Ryan Brawley

Personal information
- Nationality: British
- Born: Ryan Brawley 2 February 1986 (age 40) Irvine, Scotland
- Weight: Lightweight

Boxing career
- Stance: Southpaw

Boxing record
- Total fights: 19
- Wins: 18
- Win by KO: 1
- Losses: 1
- Draws: 0

= Ryan Brawley =

Scottish boxer

Ryan Brawley (born 2 February 1986) is a Scottish professional boxer fighting in the lightweight division. He was the winner of the sixth Prizefighter tournament featuring boxers in the lightweight category.

As an amateur Brawley fought for Springside amateur boxing club under the guidance of John Mullen. He won 50 out of 58 fights and won 5 Scottish titles 2 British titles and won the 4 nations.
Brawley represented Scotland in the 2003 junior European championships one of only two representatives from Scotland, David Ellis being the other. Both boxers lost in their opening bouts.

==Professional career==
Brawley's professional debut came on 19 September 2005 with a victory over Peter Buckley at the St. Andrews sporting Club in Glasgow. He fought once more that year to finish 2005 with a record of 2-0. Brawley boxed seven more times over the next three years, winning on each occasion. Victories which included wins over the then unbeaten Hungarian Zsolt Jonas in May 2007 and former British champion and Commonwealth title challenger Jamie McKeever in June 2008.

===Prizefighter win===
On 24 March 2009 and with an unbeaten record of 9-0 Brawley took part in the sixth installment of the Prizefighter series franchise televised live on Sky Sports. The tournament was the first to include boxers from the lightweight category and took place at the Kelvin Hall in Glasgow, the first time the tournament had been held in Scotland. Brawley went on to win the tournament and claim the first prize of £25,000 with wins over Ben Murphy in the quarter finals, Paul Holborn in the semi's and the then unbeaten Stephen Burke in the final.

Since the Prizefighter win, Brawley boxed twice more in 2009 defeating Daniel Thorpe in June, and Jason Nesbitt in October. His first fight of 2010 saw him defeat Arek Malek in January over 8 rounds in Glasgow followed by a trip to Huddersfield in March and a win over French fighter Sebastien Cornu.

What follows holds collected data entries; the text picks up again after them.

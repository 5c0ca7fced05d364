-- ===== src/Process/Descriptors.antt =====
-- The file descriptors of the active process (process.c), in its hash map, and the first process.
pub mod Laws
use raw_os.Common.{
  ℕ, ◌+◌, ◌*◌, ◌%◌, ◌^◌, Option, none, some, ◌==◌, if◌then◌else◌, Outcome, ok, ◌>>=◌,
}
use raw_os.HashMap.{Key, Slots, HashMap, write, hash_map_create, hash_map_put, hash_map_get}
use raw_os.Process.{Machine, FdMap, State, store}

unfoldable pub file_descriptor_key : Key ℕ
file_descriptor_key = record { key_compare = λ fd1 fd2. fd1 == fd2; key_hash = λ fd. fd % 2 ^ 32 }

-- The hash map of a struct in memory.
abbrev pub load : (ℕ → Slots ℕ ℕ) → FdMap → HashMap ℕ ℕ
load arrays d = record {
  capacity = d.capacity;
  num_elements = d.num_elements;
  slots = arrays d.data_address;
}

module _ {M : Type 0} where
  -- The node, or 0.
  unfoldable pub process_get_node_of_fd_of_active_process : State M → ℕ → Option ℕ
  process_get_node_of_fd_of_active_process s fd =
      let process = s.heap s.active_process in
      elim (hash_map_get file_descriptor_key (load s.arrays process.file_descriptors) fd) [
        | none ↦ none
        | some none ↦ some 0
        | some (some node) ↦ some node
      ]

module _ {M : Type 0} (os : Machine M) where
  -- The result of a put: only a map that grew has a new array, of 32-bit size, and frees the old one.
  unfoldable pub store_map : State M → FdMap → HashMap ℕ ℕ → FdMap × State M
  store_map s d hm =
      if hm.capacity == d.capacity
      then (
        record d { num_elements = hm.num_elements },
        record s { arrays = write s.arrays d.data_address hm.slots },
      )
      else let allocated = os.kalloc_alloc s.machine (hm.capacity * 12 % 2 ^ 32) in
        (
          record {
            capacity = hm.capacity;
            num_elements = hm.num_elements;
            data_address = allocated.0;
          },
          record s {
            machine = os.kalloc_free (allocated.1) d.data_address;
            arrays = write s.arrays (allocated.0) hm.slots;
          },
        )

  -- `none` where the loop of `hash_map_put` does not end. The next descriptor is kept as 32 bits.
  unfoldable pub process_add_fd_to_active_process : State M → ℕ → Option (State M × ℕ)
  process_add_fd_to_active_process s node =
      let process = s.heap s.active_process in
      let fd = process.fd_next in
      elim (hash_map_put file_descriptor_key 2 (load s.arrays process.file_descriptors) fd node) [
        | none ↦ none
        | some hm ↦
            let stored = store_map s process.file_descriptors hm in
            some (
              record (stored.1) {
                heap =
                    store s.heap s.active_process
                      (record process { file_descriptors = stored.0; fd_next = (fd + 1) % 2 ^ 32 });
              },
              fd,
            )
      ]

  -- The first part of `process_init`: the first process, linked to itself.
  unfoldable pub init_first : State M → ℕ → Outcome (State M)
  init_first s kernel_page_directory =
      let allocated = os.kalloc_alloc s.machine 60 in
      let first = allocated.0 in
      let hm : HashMap ℕ ℕ = hash_map_create 16 in
      let array = os.kalloc_alloc (allocated.1) (hm.capacity * 12 % 2 ^ 32) in
      os.paging_clone_page_directory_for_new_process (array.1) kernel_page_directory >>= λ cloned.
      ok (record {
        machine = cloned.1;
        arrays = write s.arrays (array.0) hm.slots;
        heap = store s.heap first (record (s.heap first) {
          file_descriptors = record {
            capacity = hm.capacity;
            num_elements = hm.num_elements;
            data_address = array.0;
          };
          fd_next = 0;
          previous = first;
          next = first;
          pid = s.current_pid;
          page_directory = cloned.0;
        });
        current_pid = (s.current_pid + 1) % 2 ^ 32;
        active_process = first;
      })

===Scottish title challenge===
On 24 January 2011 Brawley challenged Stuart Green for the Scottish Area light-welterweight title at the Radisson Hotel in Glasgow, losing for the first time 96-95 over ten rounds. Speaking of his first defeat Brawley said "You don’t enjoy a fight when you get beaten – especially when you’ve only got yourself to blame". He added "I let myself get suckered into fighting on Green’s terms and ended up in a battle when I should just have concentrated on my boxing abilities".